State the count of lines below featuring the word "none", and write nothing further.

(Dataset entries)
»»

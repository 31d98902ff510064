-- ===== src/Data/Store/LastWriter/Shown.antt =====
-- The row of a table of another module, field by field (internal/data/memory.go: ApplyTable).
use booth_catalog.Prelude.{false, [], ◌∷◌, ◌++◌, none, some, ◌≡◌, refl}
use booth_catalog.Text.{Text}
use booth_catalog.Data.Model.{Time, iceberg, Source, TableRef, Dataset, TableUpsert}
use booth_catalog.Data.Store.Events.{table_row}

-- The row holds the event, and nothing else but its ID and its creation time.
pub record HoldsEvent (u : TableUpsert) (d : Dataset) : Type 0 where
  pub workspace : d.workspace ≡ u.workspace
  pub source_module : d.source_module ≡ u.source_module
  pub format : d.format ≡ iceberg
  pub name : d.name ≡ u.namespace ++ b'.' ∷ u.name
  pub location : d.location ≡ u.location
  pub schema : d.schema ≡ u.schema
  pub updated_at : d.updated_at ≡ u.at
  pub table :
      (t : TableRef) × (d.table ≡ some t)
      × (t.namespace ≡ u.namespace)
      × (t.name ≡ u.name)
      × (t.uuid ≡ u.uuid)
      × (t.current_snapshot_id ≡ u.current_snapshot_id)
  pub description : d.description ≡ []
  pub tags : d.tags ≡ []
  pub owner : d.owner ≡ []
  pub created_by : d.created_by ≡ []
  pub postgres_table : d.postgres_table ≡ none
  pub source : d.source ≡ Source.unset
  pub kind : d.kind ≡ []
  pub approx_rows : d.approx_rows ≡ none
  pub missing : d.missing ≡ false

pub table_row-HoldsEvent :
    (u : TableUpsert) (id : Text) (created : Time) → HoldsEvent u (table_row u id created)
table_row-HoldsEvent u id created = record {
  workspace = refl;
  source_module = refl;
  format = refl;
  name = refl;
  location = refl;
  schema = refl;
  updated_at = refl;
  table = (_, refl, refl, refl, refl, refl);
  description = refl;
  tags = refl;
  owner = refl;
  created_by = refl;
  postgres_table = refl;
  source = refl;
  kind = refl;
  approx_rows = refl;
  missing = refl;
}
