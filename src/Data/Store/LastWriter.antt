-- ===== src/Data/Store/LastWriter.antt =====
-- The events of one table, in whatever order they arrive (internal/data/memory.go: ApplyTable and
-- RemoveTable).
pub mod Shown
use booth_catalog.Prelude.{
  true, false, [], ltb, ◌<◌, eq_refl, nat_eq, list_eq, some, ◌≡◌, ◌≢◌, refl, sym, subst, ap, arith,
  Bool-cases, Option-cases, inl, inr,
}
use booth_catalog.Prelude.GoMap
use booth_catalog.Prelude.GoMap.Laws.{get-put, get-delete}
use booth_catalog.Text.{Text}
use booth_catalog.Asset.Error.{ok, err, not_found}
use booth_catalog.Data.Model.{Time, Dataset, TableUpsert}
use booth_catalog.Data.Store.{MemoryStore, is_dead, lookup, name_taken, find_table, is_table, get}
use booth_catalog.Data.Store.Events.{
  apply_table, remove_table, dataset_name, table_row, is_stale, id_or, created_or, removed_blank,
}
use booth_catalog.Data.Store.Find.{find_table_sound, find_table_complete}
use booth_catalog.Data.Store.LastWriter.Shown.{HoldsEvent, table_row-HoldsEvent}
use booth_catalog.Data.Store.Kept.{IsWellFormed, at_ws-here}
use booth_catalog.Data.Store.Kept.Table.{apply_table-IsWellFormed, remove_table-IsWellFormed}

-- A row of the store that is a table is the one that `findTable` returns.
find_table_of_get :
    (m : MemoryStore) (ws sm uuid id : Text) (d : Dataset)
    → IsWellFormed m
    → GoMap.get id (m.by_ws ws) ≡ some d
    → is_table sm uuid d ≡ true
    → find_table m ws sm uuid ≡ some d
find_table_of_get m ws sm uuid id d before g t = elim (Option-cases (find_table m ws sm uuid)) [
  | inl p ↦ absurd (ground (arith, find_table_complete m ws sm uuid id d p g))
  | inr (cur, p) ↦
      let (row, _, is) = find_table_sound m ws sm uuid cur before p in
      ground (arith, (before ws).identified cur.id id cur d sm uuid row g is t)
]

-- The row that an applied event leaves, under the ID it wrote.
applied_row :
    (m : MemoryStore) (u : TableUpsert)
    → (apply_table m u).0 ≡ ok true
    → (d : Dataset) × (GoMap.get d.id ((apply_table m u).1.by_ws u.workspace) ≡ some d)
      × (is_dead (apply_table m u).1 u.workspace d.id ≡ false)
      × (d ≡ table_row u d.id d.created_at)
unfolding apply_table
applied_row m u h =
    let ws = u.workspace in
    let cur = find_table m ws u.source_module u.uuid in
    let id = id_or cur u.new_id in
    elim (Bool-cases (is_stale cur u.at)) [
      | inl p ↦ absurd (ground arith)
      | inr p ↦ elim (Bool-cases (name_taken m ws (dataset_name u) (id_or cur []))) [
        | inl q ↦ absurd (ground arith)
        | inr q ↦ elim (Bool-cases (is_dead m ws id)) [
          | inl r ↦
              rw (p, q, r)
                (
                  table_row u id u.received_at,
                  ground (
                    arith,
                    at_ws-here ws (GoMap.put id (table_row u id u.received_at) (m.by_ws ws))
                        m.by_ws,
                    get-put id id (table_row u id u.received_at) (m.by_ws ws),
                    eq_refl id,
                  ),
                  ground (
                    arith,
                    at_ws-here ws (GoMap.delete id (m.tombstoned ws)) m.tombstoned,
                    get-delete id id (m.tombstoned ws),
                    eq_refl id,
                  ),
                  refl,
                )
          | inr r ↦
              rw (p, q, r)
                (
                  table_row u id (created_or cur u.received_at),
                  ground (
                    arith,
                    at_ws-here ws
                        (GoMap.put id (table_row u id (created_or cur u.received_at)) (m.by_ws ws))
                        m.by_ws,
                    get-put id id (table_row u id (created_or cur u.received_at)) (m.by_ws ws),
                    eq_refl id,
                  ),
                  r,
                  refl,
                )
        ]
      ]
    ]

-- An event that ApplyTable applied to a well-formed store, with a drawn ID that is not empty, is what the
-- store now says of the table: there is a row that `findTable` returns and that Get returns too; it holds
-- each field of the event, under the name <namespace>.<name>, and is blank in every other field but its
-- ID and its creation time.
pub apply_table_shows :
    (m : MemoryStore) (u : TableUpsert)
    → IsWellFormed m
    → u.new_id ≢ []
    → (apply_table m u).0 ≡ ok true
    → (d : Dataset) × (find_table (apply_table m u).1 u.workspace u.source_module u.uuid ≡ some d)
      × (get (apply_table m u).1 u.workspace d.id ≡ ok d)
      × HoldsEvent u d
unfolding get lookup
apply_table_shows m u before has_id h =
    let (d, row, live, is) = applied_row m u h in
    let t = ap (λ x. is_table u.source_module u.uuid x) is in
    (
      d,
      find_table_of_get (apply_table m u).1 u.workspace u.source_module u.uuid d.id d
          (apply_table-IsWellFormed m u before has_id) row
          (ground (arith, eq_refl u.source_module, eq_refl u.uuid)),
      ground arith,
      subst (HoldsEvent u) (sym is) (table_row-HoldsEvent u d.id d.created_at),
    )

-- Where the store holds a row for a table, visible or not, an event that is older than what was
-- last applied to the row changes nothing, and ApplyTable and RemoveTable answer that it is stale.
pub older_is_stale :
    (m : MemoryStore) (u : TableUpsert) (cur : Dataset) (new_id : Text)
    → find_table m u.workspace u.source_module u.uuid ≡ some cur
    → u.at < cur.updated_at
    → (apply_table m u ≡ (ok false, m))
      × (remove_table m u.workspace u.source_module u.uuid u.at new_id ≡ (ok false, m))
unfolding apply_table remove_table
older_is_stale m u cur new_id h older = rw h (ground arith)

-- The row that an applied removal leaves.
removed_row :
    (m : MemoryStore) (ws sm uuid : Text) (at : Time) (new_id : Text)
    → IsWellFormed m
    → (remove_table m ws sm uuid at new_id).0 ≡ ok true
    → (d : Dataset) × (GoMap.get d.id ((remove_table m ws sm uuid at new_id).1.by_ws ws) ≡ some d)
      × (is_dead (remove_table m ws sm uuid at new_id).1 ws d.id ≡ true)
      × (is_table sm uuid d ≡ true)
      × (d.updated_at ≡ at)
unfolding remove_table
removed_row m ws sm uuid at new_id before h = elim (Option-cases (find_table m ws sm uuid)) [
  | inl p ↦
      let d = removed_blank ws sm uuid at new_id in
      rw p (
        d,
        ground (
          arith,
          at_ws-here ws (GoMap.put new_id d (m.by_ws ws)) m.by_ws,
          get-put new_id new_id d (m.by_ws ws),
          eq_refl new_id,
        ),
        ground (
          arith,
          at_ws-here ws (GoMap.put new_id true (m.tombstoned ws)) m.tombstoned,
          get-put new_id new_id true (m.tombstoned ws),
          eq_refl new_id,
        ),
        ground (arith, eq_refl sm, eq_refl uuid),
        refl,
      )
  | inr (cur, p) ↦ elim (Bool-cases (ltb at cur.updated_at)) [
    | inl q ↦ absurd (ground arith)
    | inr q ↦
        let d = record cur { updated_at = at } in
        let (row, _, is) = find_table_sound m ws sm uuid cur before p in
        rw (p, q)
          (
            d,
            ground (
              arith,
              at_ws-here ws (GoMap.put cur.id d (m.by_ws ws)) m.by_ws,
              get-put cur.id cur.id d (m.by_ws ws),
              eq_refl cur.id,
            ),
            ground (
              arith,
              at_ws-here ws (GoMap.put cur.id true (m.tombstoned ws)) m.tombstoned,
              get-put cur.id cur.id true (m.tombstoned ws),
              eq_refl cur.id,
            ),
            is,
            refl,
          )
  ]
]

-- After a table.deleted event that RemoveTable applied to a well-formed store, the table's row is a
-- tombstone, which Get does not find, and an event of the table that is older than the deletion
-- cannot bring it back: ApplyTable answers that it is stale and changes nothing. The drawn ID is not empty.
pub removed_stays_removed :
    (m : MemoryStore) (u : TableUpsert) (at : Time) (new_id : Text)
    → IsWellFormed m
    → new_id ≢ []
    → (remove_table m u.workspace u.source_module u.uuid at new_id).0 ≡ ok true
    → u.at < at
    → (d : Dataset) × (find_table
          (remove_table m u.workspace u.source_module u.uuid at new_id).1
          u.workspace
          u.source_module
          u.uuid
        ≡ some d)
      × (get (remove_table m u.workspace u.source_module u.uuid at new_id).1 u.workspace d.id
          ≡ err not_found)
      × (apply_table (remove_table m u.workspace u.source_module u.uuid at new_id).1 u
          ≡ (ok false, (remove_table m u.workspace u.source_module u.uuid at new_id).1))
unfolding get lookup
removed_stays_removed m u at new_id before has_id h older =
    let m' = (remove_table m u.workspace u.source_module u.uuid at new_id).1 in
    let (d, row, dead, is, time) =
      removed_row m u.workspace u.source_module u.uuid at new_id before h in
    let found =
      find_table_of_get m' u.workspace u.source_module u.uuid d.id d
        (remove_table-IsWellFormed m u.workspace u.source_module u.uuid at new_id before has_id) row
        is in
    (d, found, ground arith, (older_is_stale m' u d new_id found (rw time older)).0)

««

__Reply__: 3